Clinical implication and prognosis of pendelluft
Pendelluft has the potential to cause lung injury as it could increase local lung stress and cause regional overdistension even under protective ventilator settings. Previous animal experiments suggested that pendelluft was associated with tidal recruitment, and that effort-dependent lung injury occurred in the same region where pendelluft appeared [4,5,6]. Our study revealed for the first time that pendelluft was associated with longer duration of mechanical ventilation among ICU patients with PaO2/FiO2 ratio below 200 mmHg, after APACHE II score and PaO2/FiO2 ratio was adjusted. The effect of pendelluft on ventilation duration was dependent on the severity of ARF as similar effect was not seen in mild impaired oxygenation. Results from subgroup analysis according to whether spontaneous breathing was present might suggest different clinical impact of pendelluft in active or passive condition (Additional file 1: Fig. S4). We supposed that pendelluft associated with spontaneous effort in patients with moderate-to-severe impaired oxygenation could be an injurious ventilation pattern that possibly lengthen ventilation duration, while pendelluft in passive condition might only imply lung inhomogeneity but no direct evidence to lung injury.
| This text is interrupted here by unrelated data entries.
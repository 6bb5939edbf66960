-- ===== src/Web/Answers.antt =====
-- src/WebHandler.cpp: how often a request is answered.
use text.Mathlib.Text.{◌==◌}
use byte_waterlevel.Prelude.{
  ℕ, ◌+◌, ◌≡◌, Bool, true, false, not, ◌&&◌, List, [], ◌∷◌, ◌++◌, length, arith, if◌then◌else◌,
}
use byte_waterlevel.Json.{JsonLib}
use byte_waterlevel.World.{World, Response, send}
use byte_waterlevel.Web.{
  Ambient, Request, relais_call, save_call, update_call, maintenance_call, handle_api_call,
  need_auth, check_request, api,
}

length-snoc : (rs : List Response) (r : Response) → length (rs ++ (r ∷ [])) ≡ length rs + 1
length-snoc [] r = omega arith
length-snoc (x ∷ rs) r = omega (arith, length-snoc rs r)

module _ {F Json : Type 0} where
  -- The number of answers so far.
  abbrev pub sent : World F Json → ℕ
  sent w = length w.responses

  sent-send : (r : Response) (w : World F Json) → sent (send r w) ≡ sent w + 1
  unfolding send
  sent-send r w = length-snoc w.responses r

  sent-if :
      (test : Bool) (v w : World F Json) (n : ℕ)
      → sent v ≡ n
      → sent w ≡ n
      → sent (if test then v else w) ≡ n
  sent-if true v w n p q = p
  sent-if false v w n p q = q

module _ {F : Type 0} (J : JsonLib F) where
  -- A call of the type "relais" whose channel or state has the wrong type.
  unfoldable pub is_malformed_relais : J.Json → Bool
  is_malformed_relais json =
      (J.as_string (J.member json "type") == "relais")
      && not (J.is_int (J.member json "channel") && J.is_bool (J.member json "state"))

  sent-relais_call :
      (env : Ambient F) (json : J.Json) (w : World F J.Json)
      → sent (relais_call J env json w) ≡ (
          if J.is_int (J.member json "channel") && J.is_bool (J.member json "state")
          then sent w + 1
          else sent w)
  unfolding relais_call
  sent-relais_call env json w = grind (arith, sent-send)

  sent-save_call : (json : J.Json) (w : World F J.Json) → sent (save_call J json w) ≡ sent w + 1
  unfolding save_call
  sent-save_call json w = grind (arith, sent-send)

  sent-update_call :
      (env : Ambient F) (w : World F J.Json) → sent (update_call J env w) ≡ sent w + 1
  unfolding update_call
  sent-update_call env w = grind (arith, sent-send)

  sent-maintenance_call :
      (env : Ambient F) (json : J.Json) (w : World F J.Json)
      → sent (maintenance_call J env json w) ≡ sent w + 1
  unfolding maintenance_call
  sent-maintenance_call env json w =
      grind (arith, sent-send, sent-save_call json w, sent-update_call env w)

  sent-handle_api_call :
      (env : Ambient F) (json : J.Json) (w : World F J.Json)
      → sent (handle_api_call J env json w)
        ≡ (if is_malformed_relais json then sent w else sent w + 1)
  unfolding handle_api_call is_malformed_relais
  sent-handle_api_call env json w =
      grind (arith, sent-send, sent-relais_call env json w, sent-maintenance_call env json w)

  sent-need_auth :
      (request : Request J.Json) (w : World F J.Json)
      → (sent (need_auth J request w).1 + (if (need_auth J request w).0 then 1 else 0) ≡ sent w + 1)
  unfolding need_auth
  sent-need_auth request w = grind (arith, sent-send)

  check_request_lem :
      (json : J.Json) (w : World F J.Json)
      → ((check_request J json w).0 ≡ J.is_string (J.member json "type"))
        × (sent (check_request J json w).1
            ≡ (if J.is_string (J.member json "type") then sent w else sent w + 1))
  unfolding check_request
  check_request_lem json w = grind (arith, sent-send)

  -- Every request to the API is answered exactly once, the challenge and the errors included, but for
  -- one kind: an admitted call of the type "relais" whose channel is no int or whose state is no bool
  -- is never answered.
  pub sent-api :
      (env : Ambient F) (request : Request J.Json) (w : World F J.Json)
      → sent (api J env request w) ≡ (
          if (need_auth J request w).0
            && J.is_string (J.member request.body "type")
            && is_malformed_relais request.body
          then sent w
          else sent w + 1)
  unfolding api
  sent-api env request w = grind (
    arith,
    sent-need_auth request w,
    check_request_lem request.body (need_auth J request w).1,
    sent-handle_api_call,
  )
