-- ===== src/Lib.antt =====
-- mongo-perl-driver: the C code of the MongoDB driver for Perl.
--
-- The driver's Perl modules call C code through the files in xs/. perl_mongo.c turns Perl values
-- into BSON documents (perl_mongo_sv_to_bson, append_sv and what they call) and documents into
-- Perl values (perl_mongo_bson_to_sv, elem_to_sv), and has the growing buffer in which messages
-- are put together. xs/Mongo.xs and xs/Cursor.xs write the messages of the wire protocol into
-- such a buffer, with the header macros of mongo_link.h. mongo_link.c connects to the server,
-- sends a message (mongo_link_say) and reads the reply into the buffer of a cursor
-- (mongo_link_hear), from which xs/Cursor.xs takes documents with perl_mongo_buffer_to_sv.
--
-- Files:
--   Common      numbers, Boolean tests, lists and integers that the modules share; Common/Places:
--               memory as a list of places, and who owns what
--   Buffer      struct buffer, perl_mongo_resize_buf, perl_mongo_serialize_* (perl_mongo.c) and
--               MONGO_32, MONGO_64 (perl_mongo.h); a byte that was skipped and never written is
--               a cell of its own
--   Outcome     how a call ends: a value, a croak, or the model's recursion out of fuel
--   Perl        the Perl values that the C code reads: scalars with their flags, references into
--               a heap, objects with what their accessors return
--   Libbson     the interface of libbson (bson/, a bundled library) as a record, with the
--               documented behaviour of its calls as laws and an implementation of them
--   Encode      perl_mongo.c from check_circular_ref to perl_mongo_sv_to_bson: Keys (clean_key,
--               containsNullChar), Circular (check_circular_ref), BigInt, Regex, Calendar
--               (timegm), Leaves (values with no document inside), Append (append_sv,
--               hv_to_bson, av_to_bson, ixhash_to_bson), Document (perl_mongo_sv_to_bson,
--               perl_mongo_sv_to_buffer). Append/Meaning says what a value is stored as without
--               the builder, the stack and the recursion; Append/Faithful compares append_sv with it;
--               Append/Names is about the names that an insert stores
--   Decode      perl_mongo.c from elem_to_sv to perl_mongo_bson_to_sv: an iterator is the list
--               of the fields that it has not yet read
--   Wire        write_query, write_insert, write_remove, write_update (xs/Mongo.xs) and what
--               has_next and kill_cursor send (xs/Cursor.xs); Wire/Format has the interface to
--               the function that appends a document, Wire/Documents fills it with
--               perl_mongo_sv_to_buffer
--   Link        mongo_link.c: set_disconnected, perl_mongo_master, mongo_link_say; Link/Hear:
--               mongo_link_reader, get_header, mongo_link_hear; Link/Connect: the connection;
--               Link/Ssl: tcp_setup, ssl_connect; Link/Sasl: sasl_authenticate
--   Iteration   has_next and _reset of xs/Cursor.xs; Iteration/Next: next, _init, info, DESTROY;
--               Iteration/Memory: cursor_free, cursor_clone and the buffers of cursors
--   Client      connect, connected, send and DESTROY of xs/MongoClient.xs; Client/Memory: the
--               making, cloning and freeing of links and their servers
--   Bson        decode_bson and encode_bson of xs/BSON.xs, _build_value of xs/OID.xs
--   Interp      the calls of Perl code in perl_mongo.c (perl_mongo_call_method and the like) with
--               the interpreter's stacks; Interp/Magic: the C pointers that objects carry;
--               Interp/Frames, Interp/Arguments and Interp/Returns: a call before and after the
--               Perl code has run
--   Tests       runs of the definitions and of the theorems on concrete inputs
--
-- State: a buffer, a document under construction and a cursor are passed and returned; the
-- servers that links share are a list that a link points into by its index; sockets, clocks and
-- the methods of Perl objects that are called back are arguments (Network, Sockets, Openssl,
-- Gsasl). Iter holds what a call of next goes through, Memory what has been allocated for links.
-- A cursor asks the server through mongo_link_say and mongo_link_hear, and takes the documents of
-- the reply with perl_mongo_buffer_to_sv.
--
-- Fuel: append_sv takes one unit for a container inside a container, and as many as the heap has
-- addresses, and one, are enough unless a MongoDB::Code has a scope. mongo_link_reader gives its
-- loop two rounds more than there are bytes to read; the loop that throws responses away takes
-- one unit for a response, of which the stream can hold no more than it has bytes; the loop of
-- perl_mongo_resize_buf takes one round on sizes that are positive ints; decode_bson takes one unit for a document, of which there are no more than bytes.
-- The wait for a connection and the steps of a SASL authentication have no bound in the code, and
-- none here.
--
-- Not modelled: the code for Windows, _compile_flags, reference counts outside of the calls into
-- the interpreter, the query that the Perl method _do_query sends (an argument of next), memory
-- that runs out, the SSL context and handle in a link once they have been made (they are part of the
-- World of Network), and the bundled libraries in bson/ and yajl/. Doubles are their bit patterns.
pub mod Common
pub mod Buffer
pub mod Outcome
pub mod Perl
pub mod Libbson
pub mod Encode
pub mod Decode
pub mod Wire
pub mod Link
pub mod Iteration
pub mod Client
pub mod Bson
pub mod Interp
mod Tests
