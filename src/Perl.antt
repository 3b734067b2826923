-- ===== src/Perl.antt =====
-- The Perl values that perl_mongo.c reads through the interpreter's API: scalars with their
-- flags, references into a heap, and objects with what their accessors return. The API itself is
-- not part of the repository; a value here holds what the API's macros would say of it.
use mongo_perl_driver.Common.{ℕ, ℤ, Bool, Option, List, get_elem?}

abbrev pub Bytes : Type 0
Bytes = List ℕ

-- SvTYPE
pub data SvType : Type 0 where
  sv_null sv_iv sv_nv sv_pv sv_pviv sv_pvnv sv_pvmg sv_pvlv : SvType
  sv_regexp sv_pvgv sv_pvav sv_pvhv sv_pvcv : SvType

-- A scalar that is no reference. A double is its bit pattern.
pub record Scalar : Type 0 where
  pub sv_type : SvType
  -- SvOK
  pub defined : Bool
  -- SvIOK, SvIOKp, SvNOK, SvPOK
  pub iok : Bool
  pub iokp : Bool
  pub nok : Bool
  pub pok : Bool
  -- SvIV, SvNV
  pub iv : ℤ
  pub nv : ℕ
  -- the string buffer (SvPV_nolen, sv_len)
  pub pv : Bytes
  -- SvPVutf8, and SvPVbyte, which croaks on a wide character
  pub pv_utf8 : Bytes
  pub pv_byte : Option Bytes
  -- looks_like_number
  pub numeric : ℕ

-- A value: a scalar, a reference to an address of the heap, or a magical scalar that is not
-- defined until mg_get has put the value inside it in place.
pub data Sv : Type 0 where
  scalar : Scalar → Sv
  rv : ℕ → Sv
  magical : Sv → Sv

-- A hash entry in iteration order. `fetched` is what hv_fetch returns at the key.
pub record HashEntry : Type 0 where
  pub key : Bytes
  pub utf8 : Bool
  pub fetched : Option Sv

-- What a reference leads to, without its class.
pub data Body : Type 0 where
  hash : List HashEntry → Body
  array : List (Option Sv) → Body
  plain : Scalar → Body
  other_body : SvType → Body

-- The parts of a Tie::IxHash, which is [ {index}, [keys], [values], 0 ]: the index of "_id",
-- the keys as SvPVutf8 reads them, the values.
pub record IxHash : Type 0 where
  pub id_index : Option ℕ
  pub keys : List (Option Bytes)
  pub values : List (Option Sv)

-- A class that append_sv knows, with what it reads from an instance.
pub data Class : Type 0 where
  -- MongoDB::OID and what derives from it: reader "value"
  oid : Bytes → Class
  -- Math::BigInt: hash values "sign" and "value"
  big_int : Option Scalar → Option (List (Option Scalar)) → Class
  tie_ix_hash : IxHash → Class
  -- DateTime: the zone's name, epoch, millisecond
  date_time : Bytes → ℤ → ℤ → Class
  -- DateTime::Tiny: year, month, day, hour, minute, second
  date_time_tiny : ℤ → ℤ → ℤ → ℤ → ℤ → ℤ → Class
  -- MongoDB::DBRef: the Tie::IxHash that reader "_ordered" returns
  db_ref : ℕ → Class
  boolean : ℤ → Class
  -- MongoDB::Code: the code, and the hash of the scope if that is defined
  code : Bytes → Option ℕ → Class
  -- MongoDB::Timestamp: sec, inc
  timestamp : ℤ → ℤ → Class
  min_key max_key : Class
  -- MongoDB::BSON::String: the string, if SvPOK
  bson_string : Option Bytes → Class
  -- MongoDB::BSON::Binary: subtype, data
  bson_binary : ℤ → Scalar → Class
  -- Regexp: the precompiled pattern, and what re::regexp_pattern returns (a list of flags)
  regexp : Bytes → Option Bytes → Class
  -- another class whose body carries PERL_MAGIC_qr
  magic_regexp : Bytes → Option Bytes → Class
  -- MongoDB::BSON::Regexp: pattern, flags
  bson_regexp : Bytes → Bytes → Class
  other_class : Class

pub record Referent : Type 0 where
  pub blessed : Option Class
  pub body : Body

abbrev pub Heap : Type 0
Heap = List Referent

-- SvRV
abbrev pub deref : Heap → ℕ → Option Referent
deref = get_elem?

-- SvTYPE(SvRV(sv))
abbrev pub body_type : Body → SvType
body_type (hash _) = sv_pvhv
body_type (array _) = sv_pvav
body_type (plain s) = s.sv_type
body_type (other_body t) = t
Results from analysis of restricted cubic spline suggested that pendelluft amplitude below the reference of 2.5% had an unclear influence on the probability of successful discontinuation from mechanical ventilation, while higher amplitude of pendelluft above the threshold was associated with prolonged ventilation duration. The optimal threshold of pendelluft amplitude or volume for predicting clinical outcome warrants further investigation.
We also explored the relationship between pendelluft amplitude and ventilatory ratio, a variable reflecting ventilation efficiency of the lung [10]. A positive correlation was hypothesized because the pendelluft gas moving within the lung was not expected to contribute to gas exchange, possibly resulting in reduction of ventilation efficiency. However, our results did not support the hypothesis. The effect of pendelluft on ventilation efficiency might have been too weak or masked by confounders.